Projected data were parcellated with two multi-resolution atlases: the dMRI-derived atlas from Cammoun et al., 2012, J Neurosci Methods and the fMRI-derived atlas from Schaefer et al., 2018, Cereb Cortex. For the Cammoun atlas we used the fsaverage5 annotations generated by our lab and available on OSF; for the Schaefer atlas we used the annotations provided by the original authors.

All code for processing of NeuroSynth data can be found in scripts/empirical/fetch_neurosynth_maps.py. (Note: we strongly encourage you use the fantastic NiMARE package in the future instead of the now-deprecated NeuroSynth API.)

HCP data processing

Data from HCP come in CIFTI format, so the first step of processing involved splitting the data into two GIFTI files using Connectome Workbench’s wb_command. Then, to be equivalent with the NeuroSynth data processing pipelines, data were resampled from the fslr32k surface to the fsaverage5 surface. Resampled data were parcellated with the Cammoun and Schaefer atlases.

All code for processing of HCP data can be found in scripts/empirical/fetch_hcp_myelin.py.

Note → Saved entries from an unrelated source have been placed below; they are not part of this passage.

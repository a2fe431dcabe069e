-- ===== src/MaxServer/Threads.antt =====
-- max_server.cpp: which of the threads of `main` have ended.
use fast_net.Base.{
  ℕ, zero, suc, ◌+◌, ◌≤◌, ◌<◌, ◌≡◌, refl, sym, ap, ◌∙◌, inl, inr, Bool, true, false, List, [], ◌∷◌,
  ◌++◌, ◌==◌, Option, none, some, ltb, if◌then◌else◌, get_elem?, set, length, get_elem?-set_other,
  arith, Bool-cases,
}
use fast_net.MaxServer.Program.{Thread, begun, finished}

abbrev pub has_ended : Option Thread → Bool
has_ended (some finished) = true
has_ended _ = false

abbrev pub one_if_finished : Thread → ℕ
one_if_finished finished = 1
one_if_finished _ = 0

-- The threads before number `k` have ended.
abbrev pub Ended : ℕ → List Thread → Type 0
Ended k ts = (j : ℕ) → j < k → get_elem? ts j ≡ some finished

pub has_ended-spawn :
    (ts : List Thread) (i : ℕ)
    → has_ended (get_elem? (ts ++ (begun ∷ [])) i) ≡ has_ended (get_elem? ts i)
has_ended-spawn [] zero = refl
has_ended-spawn [] (suc i) = refl
has_ended-spawn (t ∷ ts) zero = refl
has_ended-spawn (t ∷ ts) (suc i) = has_ended-spawn ts i

abbrev pub ones : Option Thread → ℕ
ones none = 0
ones (some t) = one_if_finished t

-- A thread that has not ended comes to stand elsewhere.
pub Ended-set :
    (k : ℕ) (ts : List Thread) (i : ℕ) (t u : Thread)
    → get_elem? ts i ≡ some t
    → one_if_finished t ≡ 0
    → Ended k ts
    → Ended k (set ts i u)
Ended-set k ts i t u here goes h j less =
    get_elem?-set_other ts i j u
      (λ e. absurd (omega (arith, ap ones (sym (h j less) ∙ ap (get_elem? ts) e ∙ here), goes)))
    ∙ h j less

pub has_ended-set :
    (ts : List Thread) (i j : ℕ) (u : Thread)
    → i < length ts
    → has_ended (get_elem? (set ts i u) j)
      ≡ (if j == i then has_ended (some u) else has_ended (get_elem? ts j))
has_ended-set [] i j u h = absurd (omega arith)
has_ended-set (t ∷ ts) zero zero u h = refl
has_ended-set (t ∷ ts) zero (suc j) u h = ground arith
has_ended-set (t ∷ ts) (suc i) zero u h = ground arith
has_ended-set (t ∷ ts) (suc i) (suc j) u h = ground (arith, has_ended-set ts i j u)

pub Ended-suc :
    (k : ℕ) (ts : List Thread) → get_elem? ts k ≡ some finished → Ended k ts → Ended (k + 1) ts
Ended-suc k ts here h j less = elim (Bool-cases (ltb j k)) [
  | inl before ↦ h j (ground (arith, before))
  | inr last ↦ let same : j ≡ k = ground (arith, last) in ap (get_elem? ts) same ∙ here
]

pub get_elem?-none : (ts : List Thread) (i : ℕ) → get_elem? ts i ≡ none → length ts ≤ i
get_elem?-none [] i e = omega arith
get_elem?-none (t ∷ ts) zero e = cc
get_elem?-none (t ∷ ts) (suc i) e = omega (arith, get_elem?-none ts i e)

Generating distance matrices

While this arguably may not count as “preprocessing,” it is an important step in our analyses—and one that needs to be done before we can generate some of the null maps in the next part of our analysis! We generated both: (1) vertex-vertex, and (2) parcel-parcel distance matrices, where parcel-parcel distance matrices are generated from vertex-vertex matrices such that the distance between two parcels is the average distance between every pair of vertices in those two parcels. Distances were all generated from the pial mesh of the fsaverage5 surface.

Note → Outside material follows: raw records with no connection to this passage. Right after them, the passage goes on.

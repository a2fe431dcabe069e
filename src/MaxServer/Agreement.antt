-- ===== src/MaxServer/Agreement.antt =====
-- max_server.cpp: a program and its counters agree.
use fast_net.Base.{
  ℕ, ◌+◌, ◌≤◌, ◌<◌, ◌≡◌, refl, sym, ap, ◌∙◌, inl, inr, false, List, [], ◌∷◌, ◌==◌, ==_iff, Option,
  some, if◌then◌else◌, get_elem?, set, length, length-set, get_elem?-lt, sum_of, sum_of-set, All,
  All-set, arith, Bool-cases,
}
use fast_net.Uring.{Res}
use fast_net.Pool.Ownership.{Inv}
use fast_net.Simple.Flight.{blocks}
use fast_net.MaxServer.{u64_mod, Counters}
use fast_net.MaxServer.Totals.{total}
use fast_net.MaxServer.Reads.{Setup, Loop, Event}
use fast_net.MaxServer.Program.{
  Thread, begun, looping, Phase, accepting, waiting, joining, shut_down, failed, crashed, Program,
  Input, completes, is_running,
}
use fast_net.MaxServer.Threads.{has_ended, one_if_finished, Ended, Ended-set, has_ended-set}

-- The completions that a thread in its loop takes, with its number.
abbrev pub log_at : ℕ → Event → Option Thread → List (ℕ × Res)
log_at i e (some (looping s)) = (i, e.res) ∷ []
log_at i e _ = []

abbrev pub thread_log : Input → Program → List (ℕ × Res)
thread_log (completes i e) p = log_at i e (get_elem? p.client_threads i)
thread_log _ p = []

abbrev pub input_log : Input → Program → List (ℕ × Res)
input_log input p = if is_running p.phase then thread_log input p else []

module _ (c : Setup) (clients : ℕ) where
  -- A loop has its buffers in order, and RING_SIZE reads in flight.
  abbrev pub IsThread : Thread → Type 0
  IsThread (looping s) = Inv s.world (blocks s.in_flight) × (length s.in_flight ≡ c.ring_size)
  IsThread _ = Unit

  abbrev pub IsPhase : Phase → List Thread → Type 0
  IsPhase accepting ts = Unit
  IsPhase waiting ts = length ts ≡ clients
  IsPhase (joining k) ts = (length ts ≡ clients) × Ended k ts
  IsPhase shut_down ts = (length ts ≡ clients) × Ended clients ts
  IsPhase failed ts = Unit
  IsPhase crashed ts = ⊥

  -- The program agrees with the counters `s`.
  pub record IsProgram (p : Program) (s : Counters) : Type 0 where
    pub in_phase : IsPhase p.phase p.client_threads
    pub few : length p.client_threads ≤ clients
    pub small : p.total_bytes_received < u64_mod
    pub same_total : s.total_bytes_received ≡ p.total_bytes_received
    pub same_finished : s.finished_threads ≡ p.finished_threads
    pub same_closed : (i : ℕ) → s.closed i ≡ has_ended (get_elem? p.client_threads i)
    pub counted : sum_of one_if_finished p.client_threads ≡ p.finished_threads
    pub loops : All IsThread p.client_threads

  -- A completion is of one of the RING_SIZE reads of its thread.
  abbrev pub InRing : Input → Type 0
  InRing (completes i e) = e.index < c.ring_size
  InRing _ = Unit

  -- Another phase.
  pub IsProgram-phase :
      (p : Program) (s : Counters) (ph : Phase)
      → IsPhase ph p.client_threads
      → IsProgram p s
      → IsProgram (record p { phase = ph }) s
  IsProgram-phase p s ph h ok = record {
    in_phase = h;
    few = ok.few;
    small = ok.small;
    same_total = ok.same_total;
    same_finished = ok.same_finished;
    same_closed = ok.same_closed;
    counted = ok.counted;
    loops = ok.loops;
  }

  pub IsPhase-set :
      (ph : Phase) (ts : List Thread) (i : ℕ) (t u : Thread)
      → get_elem? ts i ≡ some t
      → one_if_finished t ≡ 0
      → IsPhase ph ts
      → IsPhase ph (set ts i u)
  IsPhase-set accepting ts i t u here goes h = tt
  IsPhase-set waiting ts i t u here goes h = omega (arith, length-set ts i u, h)
  IsPhase-set (joining k) ts i t u here goes (all, h) =
      (omega (arith, length-set ts i u, all), Ended-set k ts i t u here goes h)
  IsPhase-set shut_down ts i t u here goes (all, h) =
      (omega (arith, length-set ts i u, all), Ended-set clients ts i t u here goes h)
  IsPhase-set failed ts i t u here goes h = tt
  IsPhase-set crashed ts i t u here goes h = h

  -- The thread in place `i`, which has not ended, comes to stand at `u`, and the counters change.
  pub set-IsProgram :
      (p : Program) (s s' : Counters) (i n total : ℕ) (t u : Thread)
      → get_elem? p.client_threads i ≡ some t
      → one_if_finished t ≡ 0
      → IsThread u
      → total < u64_mod
      → s'.total_bytes_received ≡ total
      → s'.finished_threads ≡ n
      → n ≡ p.finished_threads + one_if_finished u
      → ((j : ℕ) → s'.closed j ≡ (if j == i then has_ended (some u) else s.closed j))
      → IsProgram p s
      → IsProgram
          (record p {
            total_bytes_received = total;
            finished_threads = n;
            client_threads = set p.client_threads i u;
          })
          s'
  set-IsProgram p s s' i n total t u here goes u_ok small same_total same_n more closed ok =
      record {
        in_phase = IsPhase-set p.phase p.client_threads i t u here goes ok.in_phase;
        few = omega (arith, length-set p.client_threads i u, ok.few);
        small = small;
        same_total = same_total;
        same_finished = same_n;
        same_closed = λ j.
            closed j
            ∙ ap (λ b. if j == i then has_ended (some u) else b) (ok.same_closed j)
            ∙ sym (has_ended-set p.client_threads i j u (get_elem?-lt p.client_threads i here));
        counted =
            omega (
              arith,
              sum_of-set one_if_finished p.client_threads i t u here,
              ok.counted,
              goes,
              more,
            );
        loops = All-set IsThread p.client_threads i u ok.loops u_ok;
      }

  pub still_open :
      (s : Counters) (i : ℕ)
      → s.closed i ≡ false
      → (j : ℕ) → s.closed j ≡ (if j == i then false else s.closed j)
  still_open s i e j = elim (Bool-cases (j == i)) [
    | inl same ↦ rw same (ap s.closed ((==_iff j i).0 same) ∙ e)
    | inr other ↦ rw other refl
  ]

  pub open_kept :
      (p : Program) (s : Counters) (i : ℕ) (t : Loop)
      → get_elem? p.client_threads i ≡ some (looping t)
      → IsProgram p s
      → (j : ℕ) → s.closed j ≡ (if j == i then false else s.closed j)
  open_kept p s i t here ok = still_open s i (ok.same_closed i ∙ ap has_ended here)

  pub begun_kept :
      (p : Program) (s : Counters) (i : ℕ)
      → get_elem? p.client_threads i ≡ some begun
      → IsProgram p s
      → (j : ℕ) → s.closed j ≡ (if j == i then false else s.closed j)
  begun_kept p s i here ok = still_open s i (ok.same_closed i ∙ ap has_ended here)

Code for generating distance matrices can be found in scripts/empirical/get_geodesic_distance.py.

Generating the null maps

When we wrote the first draft of this manuscript we pre-generated null maps for all of our empirical data analyses. We did this to save on computation time, where possible; however, with subsequent developments to the implementations of a lot of the null frameworks this step became somewhat less urgent. (That is, instead of taking several days to generate null maps on-the-fly it might now only take several hours.) Still, we pre-generate where possible because: why not try and reduce the runtime of our analyses as much as possible?

Refer to the walkthrough page on spatial null models for more information on the (implementations of the) different frameworks tested in the manuscript.

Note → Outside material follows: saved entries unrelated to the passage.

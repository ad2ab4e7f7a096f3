-- ===== src/Perception/Detector.antt =====
-- src/threevn_perception/threevn_perception/detector.py, `largest_blob`: the mask, its pixels in
-- the
-- order of `np.nonzero`, and the blob of the largest region. A pixel is a pair (y, x). The means
-- are
-- of whole numbers, which a float64 adds without error.
pub mod Grid
pub mod Spans
pub mod Correct
mod Samples
use vn_robotics.Prelude.{
  ℕ, zero, suc, ◌+◌, ◌-◌, ◌≡◌, ◌↔◌, refl, Bool, true, false, not, ◌&&◌, Option, none, some, List,
  [], ◌∷◌, ◌++◌, map, length, any, keep, Equality, nat_eq, number_eq, contains, if◌then◌else◌, ltb,
  min, max, arith,
}
use mathlib.Core.Option
use vn_robotics.Py.Json.{Number}
use vn_robotics.Py.Errors.{Result, ok, raise, value_error, ◌>>=◌}
use vn_robotics.Perception.Flood.{scan}

abbrev pub Pixel : Type 0
Pixel = ℕ × ℕ

abbrev pub same_pixel : Pixel → Pixel → Bool
same_pixel (y, x) (y', x') = nat_eq y y' && nat_eq x x'

pub same_pixel_iff : (p q : Pixel) → (same_pixel p q ≡ true) ↔ (p ≡ q)
same_pixel_iff (y, x) (y', x') = (λ h. ground arith, λ h. ground arith)

instance abbrev pub pixel_eq : Equality Pixel
pixel_eq = record { same = same_pixel; same_iff = same_pixel_iff }

-- A boolean array: its shape, and its entry at a row and a column.
pub record Mask : Type 0 where
  pub height : ℕ
  pub width : ℕ
  pub at : ℕ → ℕ → Bool

abbrev pub is_set : Mask → Pixel → Bool
is_set m (y, x) = m.at y x

-- 0 <= ny < height and 0 <= nx < width and mask[ny, nx]
abbrev pub is_open : Mask → Pixel → Bool
is_open m (y, x) = ltb y m.height && (ltb x m.width && m.at y x)

abbrev pixel_above : Pixel → List Pixel
pixel_above (zero, x) = []
pixel_above (suc y, x) = (y, x) ∷ []

abbrev pixel_left : Pixel → List Pixel
pixel_left (y, zero) = []
pixel_left (y, suc x) = (y, x) ∷ []

-- (1, 0), (-1, 0), (0, 1), (0, -1), without those before the first row or column
abbrev pub neighbours : Pixel → List Pixel
neighbours (y, x) = (suc y, x) ∷ (pixel_above (y, x) ++ ((y, suc x) ∷ pixel_left (y, x)))

-- n pixels of a row, from a column
abbrev pub cells_of : (y x n : ℕ) → List Pixel
cells_of y x zero = []
cells_of y x (suc n) = (y, x) ∷ cells_of y (suc x) n

abbrev pub row_cells : (width y n : ℕ) → List Pixel
row_cells width y zero = []
row_cells width y (suc n) = cells_of y 0 width ++ row_cells width (suc y) n

abbrev pub cells : Mask → List Pixel
cells m = row_cells m.width 0 m.height

-- zip(*np.nonzero(mask))
unfoldable pub nonzero : Mask → List Pixel
nonzero m = keep (is_set m) (cells m)

-- A blob; its centre is of floating-point numbers.
pub record Blob (F : Type 0) : Type 0 where
  pub u : F
  pub v : F
  pub width : ℕ
  pub height : ℕ
  pub area : ℕ

abbrev pub greatest : ℕ → List ℕ → ℕ
greatest a [] = a
greatest a (n ∷ ns) = greatest (max a n) ns

abbrev pub least : ℕ → List ℕ → ℕ
least a [] = a
least a (n ∷ ns) = least (min a n) ns

abbrev pub sum_of : List ℕ → ℕ
sum_of [] = 0
sum_of (n ∷ ns) = n + sum_of ns

-- int(xs.max() - xs.min()) + 1; the maximum of no numbers raises
unfoldable pub extent : List ℕ → Result ℕ
extent [] = raise value_error
extent (n ∷ ns) = ok (greatest n ns - least n ns + 1)

abbrev pub row_of : Pixel → ℕ
row_of (y, x) = y

abbrev pub column_of : Pixel → ℕ
column_of (y, x) = x

module _ {F : Type 0} ⦃n : Number F⦄ where
  abbrev pub average : List ℕ → F
  average ns = n.div (n.literal (sum_of ns) 0) (n.literal (length ns) 0)

  unfoldable pub blob_of : List Pixel → Result (Blob F)
  blob_of pixels = do
    across ← extent (map column_of pixels)
    down ← extent (map row_of pixels)
    ok (record {
      u = average (map column_of pixels);
      v = average (map row_of pixels);
      width = across;
      height = down;
      area = length pixels;
    })

  abbrev pub wide_enough : ℕ → Option (List Pixel) → Result (Option (Blob F))
  wide_enough min_area none = ok none
  wide_enough min_area (some best) =
      if ltb (length best) min_area then ok none else do blob ← blob_of best; ok (some blob)

  -- The search has fuel for each pixel of the mask that is set; out of fuel there is no result.
  unfoldable pub largest_blob : ℕ → Mask → Option (Result (Option (Blob F)))
  unfolding nonzero scan blob_of
  largest_blob min_area m =
      if not (any (is_set m) (cells m))
      then some (ok none)
      else Option.map (wide_enough min_area)
          (scan (is_open m) neighbours (length (nonzero m)) (nonzero m) [] none)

Code for pre-generating null maps for our empirical anlayses can be found in scripts/empirical/generate_spin_resamples.py, scripts/empirical/generate_neurosynth_surrogates.py, and scripts/empirical/generate_hcp_surrogates.py.

Null map generation is run as part of the make empirical command.

Testing the null models

Once the empirical datasets are pre-processed and the null models (mostly) pre-generated, we test the performance of the nulls on the empirical datasets. Our choice of datasets and associated analytic procedures were designed to replicate and extend analyses originally reported in Alexander-Bloch et al., 2018, NeuroImage and Burt et al., 2020, NeuroImage.

Empirical analyses is run as part of the make empirical command.

Testing brain map correspondence (NeuroSynth)

All code for running the brain map correspondence analyses can be found in scripts/empirical/run_neurosynth_nulls.py.

Testing partition specificity (HCP)

All code for running the partition specificity analyses can be found in scripts/empirical/run_hcp_nulls.py.

Visualizing empirical results

Once the empirical analyses have been generated the results can be plotted using the command make plot_empirical. (Note that this assumes you have already run make empirical!)

This will save out a lot of different individual plots, which we combined into the results shown in Figures 1, 4-6, and S6-7 in the manuscript.

Supplementary analyses

We tested a few extra things in our analyses to see how minor variations in implementation of different null models impacted the results. Namely, we examined how changing the way we define parcel centroids impacts the results of the spatial permutation null frameworks, and whether constraining geodesic travel when creating distance matrices impacts the results of the parameterized data models.

You can generate these supplementary results with the command make suppl_empirical. (Note that this assumes you have already run make empirical!)